-- ===== src/Examples/Settings.antt =====
-- The command line of examples/upload.rs, written and read back.
use marlin_binary_transfer.Common.{ℕ, ◌<◌, ◌≡◌, refl, List, [], ◌∷◌, All, ok, equal}
use marlin_binary_transfer.Text.{Str, codes, display}
use marlin_binary_transfer.Text.Plain.{parse-display_u32}
use marlin_binary_transfer.Examples.Arguments.{Settings, flag_of, set, parse_args}

-- One flag with its value.
pub data Setting : Type 0 where
  port_is src_is dest_is compression_is : Str → Setting
  baud_is : ℕ → Setting

abbrev pub Fits : Setting → Type 0
Fits (baud_is n) = n < 4294967296
Fits _ = Unit {0}

unfoldable pub args_of : List Setting → List Str
args_of [] = []
args_of (port_is value ∷ settings) = codes "--port" ∷ (value ∷ args_of settings)
args_of (src_is value ∷ settings) = codes "--src" ∷ (value ∷ args_of settings)
args_of (dest_is value ∷ settings) = codes "--dest" ∷ (value ∷ args_of settings)
args_of (compression_is value ∷ settings) = codes "--compression" ∷ (value ∷ args_of settings)
args_of (baud_is n ∷ settings) = codes "--baud" ∷ (display 10 n ∷ args_of settings)

-- Later settings take the place of earlier ones.
unfoldable pub settled : Settings → List Setting → Settings
settled s [] = s
settled s (port_is value ∷ settings) = settled (record s { port = value }) settings
settled s (src_is value ∷ settings) = settled (record s { src = value }) settings
settled s (dest_is value ∷ settings) = settled (record s { dest = value }) settings
settled s (compression_is value ∷ settings) = settled (record s { compression = value }) settings
settled s (baud_is n ∷ settings) = settled (record s { baud = n }) settings

-- A command line of settings, in any order and with any texts for values, even with ones that look
-- like a flag, is read back: the last setting of a kind counts, and the others are as they were.
pub parse_args-args_of :
    (s : Settings) (settings : List Setting)
    → All Fits settings
    → parse_args s (args_of settings) ≡ ok (settled s settings)
unfolding parse_args args_of settled set flag_of equal
parse_args-args_of s [] h = refl
parse_args-args_of s (port_is value ∷ settings) h =
    parse_args-args_of (record s { port = value }) settings h.1
parse_args-args_of s (src_is value ∷ settings) h =
    parse_args-args_of (record s { src = value }) settings h.1
parse_args-args_of s (dest_is value ∷ settings) h =
    parse_args-args_of (record s { dest = value }) settings h.1
parse_args-args_of s (compression_is value ∷ settings) h =
    parse_args-args_of (record s { compression = value }) settings h.1
parse_args-args_of s (baud_is n ∷ settings) h =
    rw (parse-display_u32 n h.0) (parse_args-args_of (record s { baud = n }) settings h.1)
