-- ===== src/Examples/Upload.antt =====
-- examples/upload.rs: the command line tool for an upload over a serial port, in a build with the
-- features `blocking` and `serial`.
use marlin_binary_transfer.Common.{
  false, Option, some, List, Bytes, Result, ok, err, Checked, done, panic, stuck,
}
use marlin_binary_transfer.Text.{Str}
use marlin_binary_transfer.Heatshrink.{Heatshrink}
use marlin_binary_transfer.Transfer.State.{Compression}
use marlin_binary_transfer.Adapters.Types.{Progress, UploadOptions, UploadStats, UploadError}
use marlin_binary_transfer.Adapters.Serial.{SerialCrate, open_port}
use marlin_binary_transfer.Adapters.Blocking as Blocking
use marlin_binary_transfer.Examples.Arguments.{
  Settings, initial_settings, Refusal, parse_args, compression_of,
}

-- How `main` ends: before it opens anything, with an error of the port or of the file, with one of
-- `upload`, or with the statistics that it prints.
pub data Ending (E : Type 0) : Type 0 where
  refused : Refusal → Ending E
  io : E → Ending E
  upload_failed : UploadError E → Ending E
  uploaded : UploadStats → Ending E

-- The surroundings: the serial ports, `File::open` with what `read_to_end` gives of the file, and
-- the line that `eprintln!` prints for the progress.
pub record World (T E Builder Handle SerialError : Type 0) : Type 0 where
  pub serial : SerialCrate T E Builder Handle SerialError
  pub open_file : Str → T → T × Result (Result Bytes E) E
  pub print_progress : T → Progress → T
  pub feature : Option Heatshrink

module _ {T E Builder Handle SerialError : Type 0}
    (world : World T E Builder Handle SerialError) where
  abbrev pub options_of : Settings → Compression → UploadOptions T
  options_of settings compression = record {
    dest_filename = settings.dest;
    compression = compression;
    dummy = false;
    chunk_size = 0;
    progress = some world.print_progress;
  }

  abbrev pub ending : Checked (T × Result UploadStats (UploadError E)) → Checked (T × Ending E)
  ending (done (t, ok stats)) = done (t, uploaded stats)
  ending (done (t, err e)) = done (t, upload_failed e)
  ending panic = panic
  ending stuck = stuck

  -- From the opened port and file on.
  abbrev pub with_file :
      Handle → UploadOptions T → T × Result (Result Bytes E) E → Checked (T × Ending E)
  with_file handle options (t, err e) = done (t, io e)
  with_file handle options (t, ok source) =
      ending (Blocking.upload (world.serial.port handle) world.feature source options t)

  abbrev pub with_port : Settings → Compression → T × Result Handle E → Checked (T × Ending E)
  with_port settings compression (t, err e) = done (t, io e)
  with_port settings compression (t, ok handle) =
      with_file handle (options_of settings compression) (world.open_file settings.src t)

  -- `main` from the loop over the arguments on.
  abbrev pub with_compression : Settings → Result Compression Refusal → T → Checked (T × Ending E)
  with_compression settings (err refusal) t = done (t, refused refusal)
  with_compression settings (ok compression) t =
      with_port settings compression (open_port world.serial settings.port settings.baud t)

  abbrev pub with_settings : Result Settings Refusal → T → Checked (T × Ending E)
  with_settings (err refusal) t = done (t, refused refusal)
  with_settings (ok settings) t = with_compression settings (compression_of settings.compression) t

  unfoldable pub main : List Str → T → Checked (T × Ending E)
  main args t = with_settings (parse_args initial_settings args) t
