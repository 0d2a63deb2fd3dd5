-- ===== src/Examples/Delivery.antt =====
-- `main` of examples/upload.rs with the fake device of the tests at the port.
use marlin_binary_transfer.Common.{ℕ, false, ◌≡◌, List, Bytes, All, ok, done, Option}
use marlin_binary_transfer.Transfer.State.{Compression}
use marlin_binary_transfer.Adapters.Types.{Progress, UploadOptions, default_options}
use marlin_binary_transfer.Adapters.Upload.{payload_of}
use marlin_binary_transfer.Adapters.Serial.{builder, open_port}
use marlin_binary_transfer.Device.{FakeDevice}
use marlin_binary_transfer.Device.Wire.{DeviceTransport, port}
use marlin_binary_transfer.Device.Patience.{Patience}
use marlin_binary_transfer.Device.Exchanges.{wire}
use marlin_binary_transfer.Device.Conditions.{IsAgreeable, Opens, all_sent, delivered}
use marlin_binary_transfer.Device.Delivery.{upload-delivered}
use marlin_binary_transfer.Examples.Arguments.{Settings, initial_settings, compression_of}
use marlin_binary_transfer.Examples.Settings.{Setting, Fits, args_of, settled, parse_args-args_of}
use marlin_binary_transfer.Examples.Upload.{World, uploaded, options_of, main}

-- The device is at the port of the settings, which is opened with a timeout of 100 milliseconds, the
-- file has the source, and what is printed is not seen by the device.
pub record IsConnected {Builder Handle SerialError : Type 0}
    (world : World DeviceTransport (Unit {0}) Builder Handle SerialError) (clock : ℕ → ℕ)
    (settings : Settings) (source : Bytes) (t : DeviceTransport) : Type 0 where
  pub handle : Handle
  pub opens :
      world.serial.open_builder
        (world.serial.timeout (world.serial.new settings.port settings.baud) 100_000_000)
        t
      ≡ (t, ok handle)
  pub at_port : world.serial.port handle ≡ port clock
  pub has_file : world.open_file settings.src t ≡ (t, ok (ok source))
  pub prints_only : (u : DeviceTransport) (p : Progress) → world.print_progress u p ≡ u

-- What the settings ask for.
abbrev pub asked : Settings → Compression → UploadOptions DeviceTransport
asked settings compression = record default_options {
  dest_filename = settings.dest;
  compression = compression;
}

asked-IsAgreeable :
    {Builder Handle SerialError : Type 0}
    (world : World DeviceTransport (Unit {0}) Builder Handle SerialError) (settings : Settings)
    (compression negotiated : Compression) (d : FakeDevice)
    → IsAgreeable (asked settings compression) d negotiated
    → IsAgreeable (options_of world settings compression) d negotiated
asked-IsAgreeable world settings compression negotiated d fine = record {
  sync_fits = fine.sync_fits;
  size_fits = fine.size_fits;
  version_printable = fine.version_printable;
  version_plain = fine.version_plain;
  version_fits = fine.version_fits;
  spec_fits = fine.spec_fits;
  chosen = fine.chosen;
  named = fine.named;
  name_fits = fine.name_fits;
}

-- A command line of settings, for a device that lets a file be opened and answers every packet, or
-- asks once for one again: `main` opens the port with the path and the baud rate that are last on the
-- line, and ends with the statistics of the file. The device then has the file at the last source
-- path, as the negotiated compression makes it, under the last name given. A setting that is not on
-- the line has its default, the compression is `none` or `auto`, the progress that is printed does
-- not reach the device, the device and the name are those of an upload that succeeds, and the clock
-- is steady if the device asks.
pub main-delivered :
    {Builder Handle SerialError : Type 0}
    (world : World DeviceTransport (Unit {0}) Builder Handle SerialError) (clock : ℕ → ℕ)
    (line : List Setting) (compression negotiated : Compression) (source payload : Bytes)
    (d : FakeDevice) (again : Option ℕ) (calls : ℕ)
    → All Fits line
    → compression_of (settled initial_settings line).compression ≡ ok compression
    → IsConnected world clock (settled initial_settings line) source (wire again d calls)
    → IsAgreeable (asked (settled initial_settings line) compression) d negotiated
    → payload_of {E = Unit {0}} world.feature negotiated source ≡ done (ok payload)
    → Patience again clock
    → Opens d
    → d.behaviour.skip_pft_on_terminal ≡ false
    → (left : Option ℕ) × (after : ℕ) × (main world (args_of line) (wire again d calls)
        ≡ done (
          wire left
              (delivered (asked (settled initial_settings line) compression) negotiated payload d)
              after,
          uploaded (
              all_sent
                (asked (settled initial_settings line) compression)
                source
                negotiated
                payload
                d),
        ))
unfolding main open_port builder
main-delivered world clock line compression negotiated source payload d again calls fits chosen
      connected fine encoded patience opens closes =
    let settings : Settings = settled initial_settings line in
    let (left, after, runs) =
      upload-delivered clock world.feature source (options_of world settings compression) d
        negotiated payload (asked-IsAgreeable world settings compression negotiated d fine)
        (record { encoded = encoded; unnoticed = connected.prints_only }) opens again calls patience
        closes in
    (
      left,
      after,
      rw (
        parse_args-args_of initial_settings line fits,
        chosen,
        connected.opens,
        connected.has_file,
        connected.at_port,
        runs,
      ),
    )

+--

- THE PROBLEM -
Keeping every character as it is, restate the lines above that run from the line with "pub open_file : Str" through the line with "with_port settings compression (open_port", both included, and nothing else.

- RESPONSE TO THIS TASK -
  pub open_file : Str → T → T × Result (Result Bytes E) E
  pub print_progress : T → Progress → T
  pub feature : Option Heatshrink

module _ {T E Builder Handle SerialError : Type 0}
    (world : World T E Builder Handle SerialError) where
  abbrev pub options_of : Settings → Compression → UploadOptions T
  options_of settings compression = record {
    dest_filename = settings.dest;
    compression = compression;
    dummy = false;
    chunk_size = 0;
    progress = some world.print_progress;
  }

  abbrev pub ending : Checked (T × Result UploadStats (UploadError E)) → Checked (T × Ending E)
  ending (done (t, ok stats)) = done (t, uploaded stats)
  ending (done (t, err e)) = done (t, upload_failed e)
  ending panic = panic
  ending stuck = stuck

  -- From the opened port and file on.
  abbrev pub with_file :
      Handle → UploadOptions T → T × Result (Result Bytes E) E → Checked (T × Ending E)
  with_file handle options (t, err e) = done (t, io e)
  with_file handle options (t, ok source) =
      ending (Blocking.upload (world.serial.port handle) world.feature source options t)

  abbrev pub with_port : Settings → Compression → T × Result Handle E → Checked (T × Ending E)
  with_port settings compression (t, err e) = done (t, io e)
  with_port settings compression (t, ok handle) =
      with_file handle (options_of settings compression) (world.open_file settings.src t)

  -- `main` from the loop over the arguments on.
  abbrev pub with_compression : Settings → Result Compression Refusal → T → Checked (T × Ending E)
  with_compression settings (err refusal) t = done (t, refused refusal)
  with_compression settings (ok compression) t =
      with_port settings compression (open_port world.serial settings.port settings.baud t)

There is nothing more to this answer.